Daniele Giglioli tematiza a hipertrofia da condição de vítima e sua conversão em ideologia sedutora

LAURA ERBER

Crítica da Vítima

  • Preço R$ 39 (177 págs.)
  • Autor Daniele Giglioli
  • Editora Âyiné
  • Tradução Pedro Fonseca

Em "Crítica da Vítima", Daniele Giglioli propõe interrogar a mitologia da máquina vitimária. O livro dá continuidade ao projeto iniciado em "Senza Trauma" (2011), mas agora tematiza a hipertrofia da condição de vítima e sua conversão em ideologia sedutora.

Propõe um "experimento com a ética", no qual busca expor as engrenagens da heroicização da vítima hoje. Interessa-lhe o ardil com que a passividade passa a valer como instrumento de reconhecimento, prestígio e, em última instância, poder.

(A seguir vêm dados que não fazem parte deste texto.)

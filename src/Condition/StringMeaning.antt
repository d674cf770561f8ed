-- ===== src/Condition/StringMeaning.antt =====
-- policy/condition/stringfunc.go: which requests the condition functions on strings accept.
use silo_pkg.Prelude.{
  ◌≡◌, refl, sym, ap, ◌∙◌, ◌↔◌, List, [], ◌∷◌, Bool, true, false, not, ret, arith, Bool-cases, inl,
  inr, &&_split,
}
use silo_pkg.Prelude.Bytes.{Bytes, eqb, eqb→eq, eqb_refl}
use silo_pkg.Wildcard.Pattern.{Matches, meaning}
use silo_pkg.Wildcard.Correct.{matches, matches_iff}
use silo_pkg.Condition.Values.{Values}
use silo_pkg.Condition.Keys.{get_values_by_key}
use silo_pkg.Condition.NonEmpty.{NoEmpty}
use silo_pkg.Condition.StringSets.{StringSets, StringSetLaws, IsImage}
use silo_pkg.Condition.Strings.{
  StringFunc, for_all, negated, substitute, string_test, string_evaluate, like_loop, like_evaluate,
}
use silo_pkg.Condition.Images.{
  substituted, substitute-ret, fold, IsOneOf, folded-IsImage, string_test_any, string_test_all,
}

-- A test of the values of a request, of one of them or of every one.
abbrev pub Quantified : Bool → (Bytes → Type 0) → List Bytes → Type 0
Quantified true P rvalues = (v : Bytes) → IsOneOf v rvalues → P v
Quantified false P rvalues = (v : Bytes) × IsOneOf v rvalues × P v

module _ (S : StringSets) (laws : StringSetLaws S) where
  -- One of the condition's values, with the keys that it names replaced, is v, up to `fold`.
  abbrev pub EqualsOne : (Bytes → Bytes) → Values → S.Set → Bytes → Type 0
  EqualsOne fold_text values s v =
      (a : Bytes) × (S.contains s a ≡ true) × (fold_text (substituted values a) ≡ fold_text v)

  -- One of the condition's values, with the keys that it names replaced, is a pattern for v.
  abbrev pub LikeOne : Values → S.Set → Bytes → Type 0
  LikeOne values s v =
      (a : Bytes) × (S.contains s a ≡ true) × Matches false (meaning (substituted values a)) v

  -- What the sets that `eval` builds hold.
  module _ (values : Values) (s t : S.Set) (rvalues : List Bytes) (fold_text : Bytes → Bytes)
      (substituted_s r f : S.Set) (image : IsImage S (substituted values) s substituted_s)
      (left : IsImage S fold_text (S.create_string_set rvalues) r)
      (right : IsImage S fold_text substituted_s f) where
    of_right :
        (b : Bytes)
        → S.contains f b ≡ true
        → (a : Bytes) × (S.contains s a ≡ true) × (fold_text (substituted values a) ≡ b)
    of_right b m =
        let (c, mc, ec) = (right b).0 m in
        let (a, ma, ea) = (image c).0 mc in (a, ma, ap fold_text ea ∙ ec)

    in_right :
        (a : Bytes) → S.contains s a ≡ true → S.contains f (fold_text (substituted values a)) ≡ true
    in_right a m = (right _).1 (substituted values a, (image _).1 (a, m, refl), refl)

    in_left : (v : Bytes) → IsOneOf v rvalues → S.contains r (fold_text v) ≡ true
    in_left v h = (left _).1 (v, laws.contains-create_string_set rvalues v ∙ h, refl)

    of_left :
        (b : Bytes) → S.contains r b ≡ true → (v : Bytes) × IsOneOf v rvalues × (fold_text v ≡ b)
    of_left b m =
        let (v, mv, ev) = (left b).0 m in
        (v, sym (laws.contains-create_string_set rvalues v) ∙ mv, ev)

    tested :
        (to_lower : Bytes → Bytes) (every : Bool)
        → (string_test S to_lower every r f ≡ true)
          ↔ Quantified every (EqualsOne fold_text values s) rvalues
    tested to_lower true = (
      λ h v hv.
          of_right (fold_text v)
            ((string_test_all S laws to_lower r f).0 h (fold_text v) (in_left v hv)),
      λ h. (string_test_all S laws to_lower r f).1 λ b m.
          let (v, hv, ev) = of_left b m in
          let (a, ma, ea) = h v hv in rw (← ev, ← ea) (in_right a ma),
    )
    tested to_lower false = (
      λ h.
          let (b, mr, mf) = (string_test_any S laws to_lower r f).0 h in
          let (v, hv, ev) = of_left b mr in
          let (a, ma, ea) = of_right b mf in (v, hv, (a, ma, ea ∙ sym ev)),
      λ (v, hv, (a, ma, ea)).
          (string_test_any S laws to_lower r f).1
            (fold_text v, in_left v hv, rw (← ea) (in_right a ma)),
    )

  -- If every key of the request that is present has a value, `stringFunc.evaluate` returns, negated for
  -- the negated functions, whether some value of the request under the function's key, or with
  -- ForAllValues every one, equals a value of the condition in which the keys are replaced, both in lower
  -- case if the function ignores case.
  pub string_evaluate_lem :
      (to_lower : Bytes → Bytes) (f : StringFunc S.Set) (values : Values)
      → NoEmpty values
      → (b : Bool) × (string_evaluate S to_lower f values ≡ ret (negated f.negate b))
        × ((b ≡ true)
            ↔ Quantified
                (for_all f)
                (EqualsOne (fold to_lower f.ignore_case) values f.values)
                (get_values_by_key values f.k))
  unfolding string_evaluate
  string_evaluate_lem to_lower f values h =
      let (u, eu, iu) =
        laws.apply_func-ret (substitute values) (substituted values) f.values
          (substitute-ret values h) in
      let rvalues = get_values_by_key values f.k in
      let (r, er, ir) =
        folded-IsImage S laws to_lower f.ignore_case (S.create_string_set rvalues) in
      let (g, eg, ig) = folded-IsImage S laws to_lower f.ignore_case u in
      (
        string_test S to_lower (for_all f) r g,
        rw (eu, er, eg) refl,
        tested values f.values u rvalues (fold to_lower f.ignore_case) u r g iu ir ig to_lower
            (for_all f),
      )

  matched_lem :
      (values : Values) (s u : S.Set) (v : Bytes)
      → IsImage S (substituted values) s u
      → (not (S.set_is_empty (S.func_match matches u v)) ≡ true) ↔ LikeOne values s v
  matched_lem values s u v image = (
    λ h.
        let (b, m) = (laws.set_is_empty_iff (S.func_match matches u v)).0 (ground arith) in
        let both = &&_split _ _ (sym (laws.contains-func_match matches u v b) ∙ m) in
        let (a, ma, ea) = (image b).0 both.0 in
        (a, ma, (matches_iff (substituted values a) v).1.0 (ap (λ x. matches x v) ea ∙ both.1)),
    λ (a, ma, d).
        let inside : S.contains u (substituted values a) ≡ true = (image _).1 (a, ma, refl) in
        let m : S.contains (S.func_match matches u v) (substituted values a) ≡ true =
          laws.contains-func_match matches u v _
          ∙ rw (inside, (matches_iff (substituted values a) v).1.1 d) refl in
        let e = (laws.set_is_empty_iff (S.func_match matches u v)).1 (substituted values a, m) in
        ground arith,
  )

  -- The loop over the values of the request is a test of every one, or of some one.
  looped :
      (every : Bool) (values : Values) (s u : S.Set) (rvalues : List Bytes)
      → IsImage S (substituted values) s u
      → (like_loop S every u rvalues ≡ true) ↔ Quantified every (LikeOne values s) rvalues
  unfolding like_loop
  looped true values s u [] image = (λ h v hv. cc, λ h. refl)
  looped false values s u [] image = (λ h. cc, λ (v, hv, d). cc)
  looped true values s u (w ∷ rvalues) image =
      let rest = looped true values s u rvalues image in
      let here = matched_lem values s u w image in
      (
        λ h v hv. elim (Bool-cases (eqb w v)) [
          | inl same ↦ rw (← eqb→eq w v same) (here.0 (ground arith))
          | inr other ↦ rest.0 (ground arith) v (ground arith)
        ],
        λ h.
            let first = here.1 (h w (ground (arith, eqb_refl w))) in
            let others = rest.1 (λ v hv. h v (ground arith)) in ground arith,
      )
  looped false values s u (w ∷ rvalues) image =
      let rest = looped false values s u rvalues image in
      let here = matched_lem values s u w image in
      (
        λ h. elim (Bool-cases (not (S.set_is_empty (S.func_match matches u w)))) [
          | inl m ↦ (w, ground (arith, eqb_refl w), here.0 m)
          | inr m ↦ let (v, hv, d) = rest.0 (ground arith) in (v, ground arith, d)
        ],
        λ (v, hv, d). elim (Bool-cases (eqb w v)) [
          | inl same ↦ let first = here.1 (rw (eqb→eq w v same) d) in ground arith
          | inr other ↦ let others = rest.1 (v, ground arith, d) in ground arith
        ],
      )

  -- If every key of the request that is present has a value, `stringLikeFunc.evaluate` returns, negated for
  -- StringNotLike, whether some value of the request under the function's key, or with ForAllValues every
  -- one, is matched by a value of the condition in which the keys are replaced, read as a pattern.
  pub like_evaluate_lem :
      (f : StringFunc S.Set) (values : Values)
      → NoEmpty values
      → (b : Bool) × (like_evaluate S f values ≡ ret (negated f.negate b))
        × ((b ≡ true)
            ↔ Quantified (for_all f) (LikeOne values f.values) (get_values_by_key values f.k))
  unfolding like_evaluate
  like_evaluate_lem f values h =
      let (u, eu, iu) =
        laws.apply_func-ret (substitute values) (substituted values) f.values
          (substitute-ret values h) in
      let rvalues = get_values_by_key values f.k in
      (
        like_loop S (for_all f) u rvalues,
        rw eu refl,
        looped (for_all f) values f.values u rvalues iu,
      )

De início, afirma que sua crítica não mira as vítimas reais, mas as formas de apropriação indevidas do imaginário vitimatório: usurpação do lugar, discurso e posição de vítima.

Detem-se sobre a "prosopopeia da vítima", o reforço da dimensão dolorosa e a valorização da impotência como posição ética inquestionável. Preocupa-o, portanto, a economia da usurpação do real da vítima por posições fantasiosas que dela se beneficiam.

Professor e historiador italiano Daniele Giglioli, autor de ‘Crítica da Vítima’ -  Patricia Stavis/Folhapress

Seu foco, no entanto, é nossa incapacidade cognitiva de distinguir a vítima verdadeira da falsa. Ao investir na criação de condições teórico-críticas para realizar essa distinção, Giglioli apela a uma consciência do real capaz de tornar visível a diferença; entretanto, os termos "consciência "e "real" não são explorados o suficiente ao longo do livro para garantir tal distinção.

A formulação —deliberadamente escandalosa— que dispara sua reflexão, "a vítima é o herói do nosso tempo", mereceria minúcia e paciência teóricas que fossem além do uso da própria teoria como sintoma ou reflexo cultural.

Sua leitura aposta na existência de uma separação implacável entre a vítima e os que se imaginam vítimas e convoca uma consciência do real que ajudaria a ver a diferença entre o real e a fantasia da vitimização.

Por outro lado, não reconhece como dimensão do problema o fato de que os herdeiros ou porta-vozes das vítimas muitas vezes são os únicos capazes de exigir justiça, já que a voz da "verdadeira vítima" inexiste ou foi deslegitimada de tal modo que o próprio sistema jurídico é incapaz de considerá-la válida.

Desfere críticas a autores de diversas procedências e linhagens teóricas numa rapidez assertiva que fragiliza algumas análises.

Isso se torna uma armadilha quando Giglioli põe sob a mira textos de Judith Butler e Gayatri Spivak, por exemplo, sobre os quais se debruça com antipatia manifesta. Quando as situa no lugar discursivo que ajudaria a incrementar a máquina vitimatória, esquece que essas autoras tratam de vítimas reais.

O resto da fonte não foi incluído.